12 September 2006
the "whole" truth and nothing but the truth??
I've got truth telling on my mind. That's not to say I want to tell the truth, necessarily. Weeks ago I confessed to my friend Julia that one of the things I struggle with in attempting to live into my identity as a Christ follower is that I'm a deceiver. It was a campfire chat, actually. And although she and I haven't talked much since then, I'm assuming that my transparency is not enough to disgard a friendship.
This weekend, around a different campfire, with other friends, we broached the subject again. In what ways do we stretch the truth (a little exaggeration helps a story dontchathink)? Are there occasions to omit facts or avoid direct answers so as to not "really" lie, but not really tell the whole truth either?
And then there's a test of any relationship, do you risk rejection and/or a separation or worse a conclusion of a friendship by addressing something in a friend? Is there an openness to face a friend who attempts to speak the truth in love but may be identifying something in your heart and/or actions that might cause you to feel defensive, or worse? Would our relationships be better served, and would we better resemble Christ if we held a posture toward our friends which might invite such conversations? And how would we communicate such a posture?

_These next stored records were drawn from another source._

-- ===== src/Http.antt =====
-- What the source uses of Go's net/http: headers, requests and response writers.
pub mod Laws
use kratos_micro_layout.Prelude.{
  ℕ, Bool, true, false, ◌&&◌, Option, none, some, List, [], ◌∷◌, ◌++◌, Text, text_eq, codes, String,
  if◌then◌else◌,
}

-- The fields of a header in order; a name may stand several times. The source writes and reads
-- names in their canonical form.
abbrev pub Header : Type 0
Header = List (Text × Text)

-- Header.Get: the first value, or the empty text.
unfoldable pub get : Text → Header → Text
get name [] = []
get name ((n, v) ∷ h) = if text_eq n name then v else get name h

-- Header.Del
unfoldable pub del : Text → Header → Header
del name [] = []
del name ((n, v) ∷ h) = if text_eq n name then del name h else (n, v) ∷ del name h

-- Header.Set and Header.Add
unfoldable pub set : Text → Text → Header → Header
unfolding del
set name value h = del name h ++ (name, value) ∷ []

unfoldable pub add : Text → Text → Header → Header
add name value h = h ++ (name, value) ∷ []

-- The address of the client is its host, as net.SplitHostPort finds it.
pub record Request : Type 0 where
  pub remote_ip : Option Text
  pub method : Text
  pub host : Text
  pub tls : Bool
  pub scheme : Text
  pub url_host : Text
  pub path : Text
  pub header : Header

-- A response as its handler builds it: the header that can still be changed, and what was sent:
-- the status with the header of that moment, and the body. Writes fail once the client is gone.
pub record Writer : Type 0 where
  pub header : Header
  pub sent : Option (ℕ × Header)
  pub body : Text
  pub gone : Bool

abbrev pub new_writer : Writer
new_writer = record { header = []; sent = none; body = []; gone = false }

-- ResponseWriter.WriteHeader: only the first call sends a status.
unfoldable pub write_header : ℕ → Writer → Writer
write_header code w = elim w.sent [
  | none ↦ record w { sent = some (code, w.header) }
  | some first ↦ w
]

-- ResponseWriter.Write, and whether it succeeded; it sends the status 200 if none was.
unfoldable pub write : Text → Writer → Writer × Bool
unfolding write_header
write text w =
    let w' = write_header 200 w in
    if w.gone then (w', false) else (record w' { body = w'.body ++ text }, true)

unfoldable pub set_header : Text → Text → Writer → Writer
unfolding set
set_header name value w = record w { header = set name value w.header }

unfoldable pub add_header : Text → Text → Writer → Writer
unfolding add
add_header name value w = record w { header = add name value w.header }

-- The status that a response was sent with.
abbrev pub status_of : Writer → Option ℕ
status_of w = elim w.sent [ none ↦ none | some s ↦ some s.0 ]

abbrev pub status_ok : ℕ
status_ok = 200

abbrev pub status_no_content : ℕ
status_no_content = 204

abbrev pub status_too_many_requests : ℕ
status_too_many_requests = 429

abbrev pub status_internal_server_error : ℕ
status_internal_server_error = 500

abbrev pub status_bad_gateway : ℕ
status_bad_gateway = 502

abbrev pub status_service_unavailable : ℕ
status_service_unavailable = 503

abbrev pub content_type : Text
content_type = codes "Content-Type"

-- http.Handler, for a handler that keeps a state; a filter wraps one.
abbrev pub Serve : Type 0 → Type 0
Serve S = S → Request → Writer → S × Writer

I remember the first time that someone confronted me about being sarcastic. My initial reaction wasn't stellar. I quickly assessed this person was obviously not able to handle a joke or two and that their overall humor quotient might be seriously challenged. But, as the holy spirit worked on my heart, I concluded that this person wasn't motivated to hurt me. And likely to just dismiss their lack of appreciation for humor didn't do justice either. So why would a person be so bold as to confront this in my life? Clearly the motivation was love. They knew I could do better. They viewed me as a representative of Christ and that Christ could be better seen in my life. Wow. My respect for this friend, and for their willingness to risk definitely changed my perspective. I'm still sarcastic, unfortunately. (Isn't it some type of spiritual gift?? Or something?) But I try to live into my identity more. I definitely want to be more like Christ.
Campfire chats do provoke interesting conversation. And although we didn't necessarily identify all the roots of why we might lie, or uncover why we might not fully offer information, we did, in my opinion, spur each other on toward love and good deeds. It's a piece of grace in the journey.